_The problem_. When you reach the line containing "errbuf = invalid_msg_hdr" in the data below, begin returning lines exactly as written, and stop once the line containing "same e = record" has been returned.

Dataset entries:
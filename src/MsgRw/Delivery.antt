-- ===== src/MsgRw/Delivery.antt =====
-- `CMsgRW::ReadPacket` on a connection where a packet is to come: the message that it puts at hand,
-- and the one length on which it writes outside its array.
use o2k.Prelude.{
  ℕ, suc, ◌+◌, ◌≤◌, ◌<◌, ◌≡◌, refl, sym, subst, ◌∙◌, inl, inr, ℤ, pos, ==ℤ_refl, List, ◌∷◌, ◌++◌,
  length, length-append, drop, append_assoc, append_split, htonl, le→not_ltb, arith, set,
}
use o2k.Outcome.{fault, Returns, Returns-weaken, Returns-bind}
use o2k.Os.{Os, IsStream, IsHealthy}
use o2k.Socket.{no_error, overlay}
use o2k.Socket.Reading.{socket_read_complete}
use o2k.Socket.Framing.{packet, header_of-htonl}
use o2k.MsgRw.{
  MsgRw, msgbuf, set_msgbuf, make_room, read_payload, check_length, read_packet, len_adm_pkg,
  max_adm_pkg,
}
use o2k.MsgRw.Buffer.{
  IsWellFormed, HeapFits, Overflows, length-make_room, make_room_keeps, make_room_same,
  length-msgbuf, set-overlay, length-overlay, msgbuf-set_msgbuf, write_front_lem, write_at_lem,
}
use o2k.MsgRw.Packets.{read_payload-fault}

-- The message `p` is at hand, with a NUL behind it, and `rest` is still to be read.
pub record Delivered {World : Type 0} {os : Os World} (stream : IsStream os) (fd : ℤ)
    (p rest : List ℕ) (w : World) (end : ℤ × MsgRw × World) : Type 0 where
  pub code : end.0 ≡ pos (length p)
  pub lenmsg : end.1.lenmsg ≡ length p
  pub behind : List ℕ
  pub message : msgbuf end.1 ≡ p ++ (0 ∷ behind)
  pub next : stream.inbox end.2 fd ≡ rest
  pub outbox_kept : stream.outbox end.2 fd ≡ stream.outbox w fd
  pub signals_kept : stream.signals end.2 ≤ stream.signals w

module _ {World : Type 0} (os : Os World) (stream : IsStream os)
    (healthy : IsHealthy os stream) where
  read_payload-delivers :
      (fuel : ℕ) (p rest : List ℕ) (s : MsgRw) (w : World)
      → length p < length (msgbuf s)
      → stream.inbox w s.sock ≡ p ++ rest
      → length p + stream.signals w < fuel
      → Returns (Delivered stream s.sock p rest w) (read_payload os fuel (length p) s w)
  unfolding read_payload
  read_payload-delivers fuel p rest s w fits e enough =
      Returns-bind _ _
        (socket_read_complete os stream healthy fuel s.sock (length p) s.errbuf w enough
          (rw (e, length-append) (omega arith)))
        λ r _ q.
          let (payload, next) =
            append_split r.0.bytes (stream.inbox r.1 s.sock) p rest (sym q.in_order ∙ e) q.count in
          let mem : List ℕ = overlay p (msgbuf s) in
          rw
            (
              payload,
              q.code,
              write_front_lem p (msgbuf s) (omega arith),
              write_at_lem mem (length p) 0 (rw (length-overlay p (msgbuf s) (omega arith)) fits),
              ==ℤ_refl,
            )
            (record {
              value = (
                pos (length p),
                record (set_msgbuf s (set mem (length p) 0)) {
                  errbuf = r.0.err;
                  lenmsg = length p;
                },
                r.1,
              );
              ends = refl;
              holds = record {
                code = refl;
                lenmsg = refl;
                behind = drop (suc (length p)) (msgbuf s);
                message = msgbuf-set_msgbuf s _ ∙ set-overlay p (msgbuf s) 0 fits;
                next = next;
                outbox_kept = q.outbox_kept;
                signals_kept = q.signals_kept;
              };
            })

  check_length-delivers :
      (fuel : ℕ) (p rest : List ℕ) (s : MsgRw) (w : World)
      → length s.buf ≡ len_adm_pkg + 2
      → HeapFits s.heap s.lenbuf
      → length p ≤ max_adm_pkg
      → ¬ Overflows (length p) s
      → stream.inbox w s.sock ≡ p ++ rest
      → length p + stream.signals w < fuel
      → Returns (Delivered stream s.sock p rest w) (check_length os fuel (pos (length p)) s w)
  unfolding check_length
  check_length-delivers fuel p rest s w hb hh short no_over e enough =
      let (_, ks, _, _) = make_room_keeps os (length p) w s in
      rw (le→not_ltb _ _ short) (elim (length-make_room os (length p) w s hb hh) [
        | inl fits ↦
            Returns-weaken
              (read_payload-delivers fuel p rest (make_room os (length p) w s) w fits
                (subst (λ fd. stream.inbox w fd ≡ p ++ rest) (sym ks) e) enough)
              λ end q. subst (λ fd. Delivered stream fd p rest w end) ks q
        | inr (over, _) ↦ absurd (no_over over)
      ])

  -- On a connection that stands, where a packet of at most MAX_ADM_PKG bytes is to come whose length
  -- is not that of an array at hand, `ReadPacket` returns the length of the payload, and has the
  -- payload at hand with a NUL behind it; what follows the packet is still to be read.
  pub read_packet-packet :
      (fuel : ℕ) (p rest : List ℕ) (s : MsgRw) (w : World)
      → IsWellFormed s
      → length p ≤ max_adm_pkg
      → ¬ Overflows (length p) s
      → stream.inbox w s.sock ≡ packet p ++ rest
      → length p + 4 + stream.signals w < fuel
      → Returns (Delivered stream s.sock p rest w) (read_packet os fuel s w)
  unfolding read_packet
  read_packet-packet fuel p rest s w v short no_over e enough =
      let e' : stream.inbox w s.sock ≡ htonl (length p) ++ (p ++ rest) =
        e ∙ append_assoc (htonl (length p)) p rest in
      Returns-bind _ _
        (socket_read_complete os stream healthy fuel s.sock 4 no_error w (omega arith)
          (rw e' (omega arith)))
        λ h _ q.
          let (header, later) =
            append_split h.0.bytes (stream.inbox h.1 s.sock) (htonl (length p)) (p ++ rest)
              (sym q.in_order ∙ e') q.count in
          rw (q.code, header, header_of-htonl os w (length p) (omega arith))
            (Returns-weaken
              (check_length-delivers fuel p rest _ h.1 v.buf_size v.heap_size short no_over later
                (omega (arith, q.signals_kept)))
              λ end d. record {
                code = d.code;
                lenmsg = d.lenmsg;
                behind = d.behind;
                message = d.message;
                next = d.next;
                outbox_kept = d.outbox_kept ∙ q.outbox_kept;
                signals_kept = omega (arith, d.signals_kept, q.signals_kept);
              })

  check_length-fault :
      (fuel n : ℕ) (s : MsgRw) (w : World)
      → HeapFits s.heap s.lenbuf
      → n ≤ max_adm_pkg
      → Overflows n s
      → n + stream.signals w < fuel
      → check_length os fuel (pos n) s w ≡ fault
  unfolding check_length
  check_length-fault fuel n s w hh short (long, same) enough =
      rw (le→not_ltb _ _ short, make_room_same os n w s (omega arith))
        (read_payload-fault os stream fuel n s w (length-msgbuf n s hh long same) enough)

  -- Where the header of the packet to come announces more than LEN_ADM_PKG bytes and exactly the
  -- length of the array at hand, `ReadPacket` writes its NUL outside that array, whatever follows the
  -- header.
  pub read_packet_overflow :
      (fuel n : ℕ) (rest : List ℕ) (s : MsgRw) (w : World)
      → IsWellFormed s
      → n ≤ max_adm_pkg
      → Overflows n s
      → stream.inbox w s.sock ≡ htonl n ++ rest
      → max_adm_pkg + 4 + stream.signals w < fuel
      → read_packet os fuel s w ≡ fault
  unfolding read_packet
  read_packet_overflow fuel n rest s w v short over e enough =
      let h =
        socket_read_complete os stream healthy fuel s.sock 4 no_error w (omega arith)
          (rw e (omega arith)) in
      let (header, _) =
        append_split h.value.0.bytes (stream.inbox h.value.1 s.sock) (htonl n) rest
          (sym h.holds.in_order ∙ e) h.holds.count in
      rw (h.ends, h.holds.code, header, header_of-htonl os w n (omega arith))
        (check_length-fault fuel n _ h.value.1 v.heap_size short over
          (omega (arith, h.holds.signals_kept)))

--

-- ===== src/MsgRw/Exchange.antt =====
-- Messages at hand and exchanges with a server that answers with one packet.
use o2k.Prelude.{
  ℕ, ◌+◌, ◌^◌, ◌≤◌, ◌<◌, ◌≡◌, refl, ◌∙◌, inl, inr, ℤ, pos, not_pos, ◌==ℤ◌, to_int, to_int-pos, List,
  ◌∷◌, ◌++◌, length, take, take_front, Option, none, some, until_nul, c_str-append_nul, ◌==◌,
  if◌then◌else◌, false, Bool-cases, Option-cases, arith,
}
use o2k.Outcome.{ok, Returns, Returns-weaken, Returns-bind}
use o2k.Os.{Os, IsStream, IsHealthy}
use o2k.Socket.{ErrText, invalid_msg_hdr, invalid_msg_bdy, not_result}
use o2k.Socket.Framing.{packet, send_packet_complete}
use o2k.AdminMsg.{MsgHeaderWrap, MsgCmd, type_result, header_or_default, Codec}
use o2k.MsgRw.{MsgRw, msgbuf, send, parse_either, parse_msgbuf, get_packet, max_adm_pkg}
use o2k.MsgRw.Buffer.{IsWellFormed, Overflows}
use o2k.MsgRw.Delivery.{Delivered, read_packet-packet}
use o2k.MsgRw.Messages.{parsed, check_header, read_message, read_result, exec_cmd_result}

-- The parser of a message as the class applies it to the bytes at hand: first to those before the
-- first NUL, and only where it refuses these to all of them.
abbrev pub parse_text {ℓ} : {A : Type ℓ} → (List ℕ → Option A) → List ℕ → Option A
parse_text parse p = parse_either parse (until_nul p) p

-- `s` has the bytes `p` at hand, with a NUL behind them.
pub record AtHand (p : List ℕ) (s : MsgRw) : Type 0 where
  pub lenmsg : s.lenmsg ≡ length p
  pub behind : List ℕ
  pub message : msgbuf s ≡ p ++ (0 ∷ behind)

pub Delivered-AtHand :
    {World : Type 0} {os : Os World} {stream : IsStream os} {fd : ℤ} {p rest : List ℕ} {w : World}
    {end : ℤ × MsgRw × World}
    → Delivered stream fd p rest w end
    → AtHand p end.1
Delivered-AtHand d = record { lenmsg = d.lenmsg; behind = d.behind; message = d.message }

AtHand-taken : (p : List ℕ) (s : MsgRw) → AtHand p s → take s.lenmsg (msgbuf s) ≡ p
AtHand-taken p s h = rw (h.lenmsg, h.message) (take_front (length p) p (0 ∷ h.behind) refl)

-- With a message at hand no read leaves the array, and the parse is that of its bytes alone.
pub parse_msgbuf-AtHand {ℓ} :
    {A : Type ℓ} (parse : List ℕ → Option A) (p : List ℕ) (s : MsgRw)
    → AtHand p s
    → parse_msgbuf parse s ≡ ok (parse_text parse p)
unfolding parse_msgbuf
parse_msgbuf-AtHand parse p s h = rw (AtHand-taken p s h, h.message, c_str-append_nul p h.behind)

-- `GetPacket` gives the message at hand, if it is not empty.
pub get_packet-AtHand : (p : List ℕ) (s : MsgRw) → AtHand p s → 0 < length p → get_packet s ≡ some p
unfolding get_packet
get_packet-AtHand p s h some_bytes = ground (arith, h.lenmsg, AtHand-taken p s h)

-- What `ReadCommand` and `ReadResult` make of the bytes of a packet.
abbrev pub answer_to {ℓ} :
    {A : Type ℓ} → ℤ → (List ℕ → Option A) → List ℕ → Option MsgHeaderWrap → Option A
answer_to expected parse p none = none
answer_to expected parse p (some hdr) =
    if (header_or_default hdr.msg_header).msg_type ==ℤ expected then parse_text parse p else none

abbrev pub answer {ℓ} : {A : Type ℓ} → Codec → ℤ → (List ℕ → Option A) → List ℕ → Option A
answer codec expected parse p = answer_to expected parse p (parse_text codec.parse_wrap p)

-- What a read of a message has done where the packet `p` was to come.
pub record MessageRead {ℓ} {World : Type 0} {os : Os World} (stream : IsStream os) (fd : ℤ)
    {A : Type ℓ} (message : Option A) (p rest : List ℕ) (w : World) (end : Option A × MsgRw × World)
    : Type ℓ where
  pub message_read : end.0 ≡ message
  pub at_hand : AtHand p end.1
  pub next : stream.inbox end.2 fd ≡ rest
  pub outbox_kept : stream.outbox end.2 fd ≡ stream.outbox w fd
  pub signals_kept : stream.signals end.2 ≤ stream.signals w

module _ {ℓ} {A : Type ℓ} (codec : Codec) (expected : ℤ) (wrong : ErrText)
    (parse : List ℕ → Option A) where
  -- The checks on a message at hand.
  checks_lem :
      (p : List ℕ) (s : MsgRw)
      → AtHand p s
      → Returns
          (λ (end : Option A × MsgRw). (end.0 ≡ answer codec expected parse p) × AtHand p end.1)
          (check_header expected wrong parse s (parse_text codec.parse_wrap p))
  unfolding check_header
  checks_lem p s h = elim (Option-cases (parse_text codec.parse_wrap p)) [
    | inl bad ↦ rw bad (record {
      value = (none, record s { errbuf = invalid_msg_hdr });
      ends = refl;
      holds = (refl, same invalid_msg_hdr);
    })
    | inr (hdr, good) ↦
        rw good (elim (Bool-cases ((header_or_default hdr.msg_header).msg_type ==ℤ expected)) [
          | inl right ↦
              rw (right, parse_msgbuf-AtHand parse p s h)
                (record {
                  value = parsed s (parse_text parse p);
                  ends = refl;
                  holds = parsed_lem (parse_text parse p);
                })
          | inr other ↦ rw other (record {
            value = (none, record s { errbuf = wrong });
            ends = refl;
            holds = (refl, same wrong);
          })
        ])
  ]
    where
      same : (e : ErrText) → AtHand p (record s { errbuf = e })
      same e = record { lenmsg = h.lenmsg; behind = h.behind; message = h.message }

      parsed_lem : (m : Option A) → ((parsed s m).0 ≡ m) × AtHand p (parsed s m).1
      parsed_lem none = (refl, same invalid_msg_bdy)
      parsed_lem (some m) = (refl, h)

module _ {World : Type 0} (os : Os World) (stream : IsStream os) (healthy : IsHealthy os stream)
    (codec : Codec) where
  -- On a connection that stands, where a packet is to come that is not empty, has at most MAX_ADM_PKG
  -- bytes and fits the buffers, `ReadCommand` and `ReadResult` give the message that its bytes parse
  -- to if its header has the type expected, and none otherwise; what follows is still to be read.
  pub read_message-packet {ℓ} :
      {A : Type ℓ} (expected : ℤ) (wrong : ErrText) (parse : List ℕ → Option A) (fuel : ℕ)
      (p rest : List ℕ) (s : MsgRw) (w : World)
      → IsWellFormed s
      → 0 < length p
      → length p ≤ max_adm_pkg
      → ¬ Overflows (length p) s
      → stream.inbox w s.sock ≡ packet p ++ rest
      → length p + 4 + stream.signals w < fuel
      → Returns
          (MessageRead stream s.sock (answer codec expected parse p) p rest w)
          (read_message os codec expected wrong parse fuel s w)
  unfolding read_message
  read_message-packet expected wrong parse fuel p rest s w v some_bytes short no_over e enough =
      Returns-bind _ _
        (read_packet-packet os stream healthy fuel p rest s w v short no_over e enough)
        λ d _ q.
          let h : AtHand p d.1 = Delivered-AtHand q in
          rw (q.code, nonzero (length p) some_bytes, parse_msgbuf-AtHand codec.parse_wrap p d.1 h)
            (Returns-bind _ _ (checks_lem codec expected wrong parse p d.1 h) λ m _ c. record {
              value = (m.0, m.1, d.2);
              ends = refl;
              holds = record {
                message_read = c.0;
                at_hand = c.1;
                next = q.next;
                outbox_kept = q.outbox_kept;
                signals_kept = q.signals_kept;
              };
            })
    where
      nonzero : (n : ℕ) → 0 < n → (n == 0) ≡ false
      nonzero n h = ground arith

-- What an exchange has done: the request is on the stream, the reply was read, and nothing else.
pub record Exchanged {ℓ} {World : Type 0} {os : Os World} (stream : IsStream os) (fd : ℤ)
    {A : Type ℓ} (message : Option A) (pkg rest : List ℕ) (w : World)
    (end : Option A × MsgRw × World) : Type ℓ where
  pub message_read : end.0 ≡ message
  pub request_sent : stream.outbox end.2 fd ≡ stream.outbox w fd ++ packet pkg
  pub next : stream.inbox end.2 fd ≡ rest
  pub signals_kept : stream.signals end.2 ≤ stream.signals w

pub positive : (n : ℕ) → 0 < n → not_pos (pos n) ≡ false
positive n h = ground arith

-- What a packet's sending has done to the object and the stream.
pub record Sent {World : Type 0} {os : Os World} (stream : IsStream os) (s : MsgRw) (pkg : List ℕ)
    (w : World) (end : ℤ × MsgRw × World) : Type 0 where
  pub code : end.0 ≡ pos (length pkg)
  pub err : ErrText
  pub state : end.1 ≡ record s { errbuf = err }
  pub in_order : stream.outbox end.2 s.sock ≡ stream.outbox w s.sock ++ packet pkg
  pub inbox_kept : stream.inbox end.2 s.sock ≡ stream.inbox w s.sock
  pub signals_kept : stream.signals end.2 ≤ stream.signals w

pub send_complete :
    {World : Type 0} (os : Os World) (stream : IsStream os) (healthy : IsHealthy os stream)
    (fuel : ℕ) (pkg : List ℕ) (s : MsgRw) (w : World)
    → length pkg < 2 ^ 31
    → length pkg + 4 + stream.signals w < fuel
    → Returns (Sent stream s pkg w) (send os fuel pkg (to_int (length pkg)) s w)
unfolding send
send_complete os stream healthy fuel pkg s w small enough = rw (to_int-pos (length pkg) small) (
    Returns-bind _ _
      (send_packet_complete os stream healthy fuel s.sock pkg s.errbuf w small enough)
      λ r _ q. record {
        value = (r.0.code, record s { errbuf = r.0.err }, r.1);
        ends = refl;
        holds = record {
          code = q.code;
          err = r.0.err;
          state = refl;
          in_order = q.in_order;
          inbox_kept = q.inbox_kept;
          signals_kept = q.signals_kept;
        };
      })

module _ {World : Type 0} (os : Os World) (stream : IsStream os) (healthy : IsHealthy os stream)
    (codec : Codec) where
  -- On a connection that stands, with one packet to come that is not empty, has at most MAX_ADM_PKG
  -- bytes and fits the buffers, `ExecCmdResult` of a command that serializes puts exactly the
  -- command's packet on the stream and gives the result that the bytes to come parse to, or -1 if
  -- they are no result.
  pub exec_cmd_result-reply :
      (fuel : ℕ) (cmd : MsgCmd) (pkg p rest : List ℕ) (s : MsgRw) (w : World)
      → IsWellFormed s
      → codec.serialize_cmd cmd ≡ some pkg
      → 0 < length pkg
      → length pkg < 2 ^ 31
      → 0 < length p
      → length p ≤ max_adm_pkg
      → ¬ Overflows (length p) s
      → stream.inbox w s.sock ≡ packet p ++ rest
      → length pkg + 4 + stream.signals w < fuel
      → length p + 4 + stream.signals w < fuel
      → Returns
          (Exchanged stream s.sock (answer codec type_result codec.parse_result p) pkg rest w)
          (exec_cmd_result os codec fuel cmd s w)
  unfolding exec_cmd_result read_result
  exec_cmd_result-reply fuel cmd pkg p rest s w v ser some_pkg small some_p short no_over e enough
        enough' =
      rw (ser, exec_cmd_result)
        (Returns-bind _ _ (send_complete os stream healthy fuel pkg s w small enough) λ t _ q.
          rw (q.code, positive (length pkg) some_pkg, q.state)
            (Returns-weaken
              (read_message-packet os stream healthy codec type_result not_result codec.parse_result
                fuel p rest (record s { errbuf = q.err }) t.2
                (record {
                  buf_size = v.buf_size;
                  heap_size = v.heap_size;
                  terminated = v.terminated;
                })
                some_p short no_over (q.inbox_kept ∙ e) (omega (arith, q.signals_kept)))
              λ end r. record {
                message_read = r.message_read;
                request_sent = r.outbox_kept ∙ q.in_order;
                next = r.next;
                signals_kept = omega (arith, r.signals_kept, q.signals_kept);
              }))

_Result for this task_.
      value = (none, record s { errbuf = invalid_msg_hdr });
      ends = refl;
      holds = (refl, same invalid_msg_hdr);
    })
    | inr (hdr, good) ↦
        rw good (elim (Bool-cases ((header_or_default hdr.msg_header).msg_type ==ℤ expected)) [
          | inl right ↦
              rw (right, parse_msgbuf-AtHand parse p s h)
                (record {
                  value = parsed s (parse_text parse p);
                  ends = refl;
                  holds = parsed_lem (parse_text parse p);
                })
          | inr other ↦ rw other (record {
            value = (none, record s { errbuf = wrong });
            ends = refl;
            holds = (refl, same wrong);
          })
        ])
  ]
    where
      same : (e : ErrText) → AtHand p (record s { errbuf = e })
      same e = record { lenmsg = h.lenmsg; behind = h.behind; message = h.message }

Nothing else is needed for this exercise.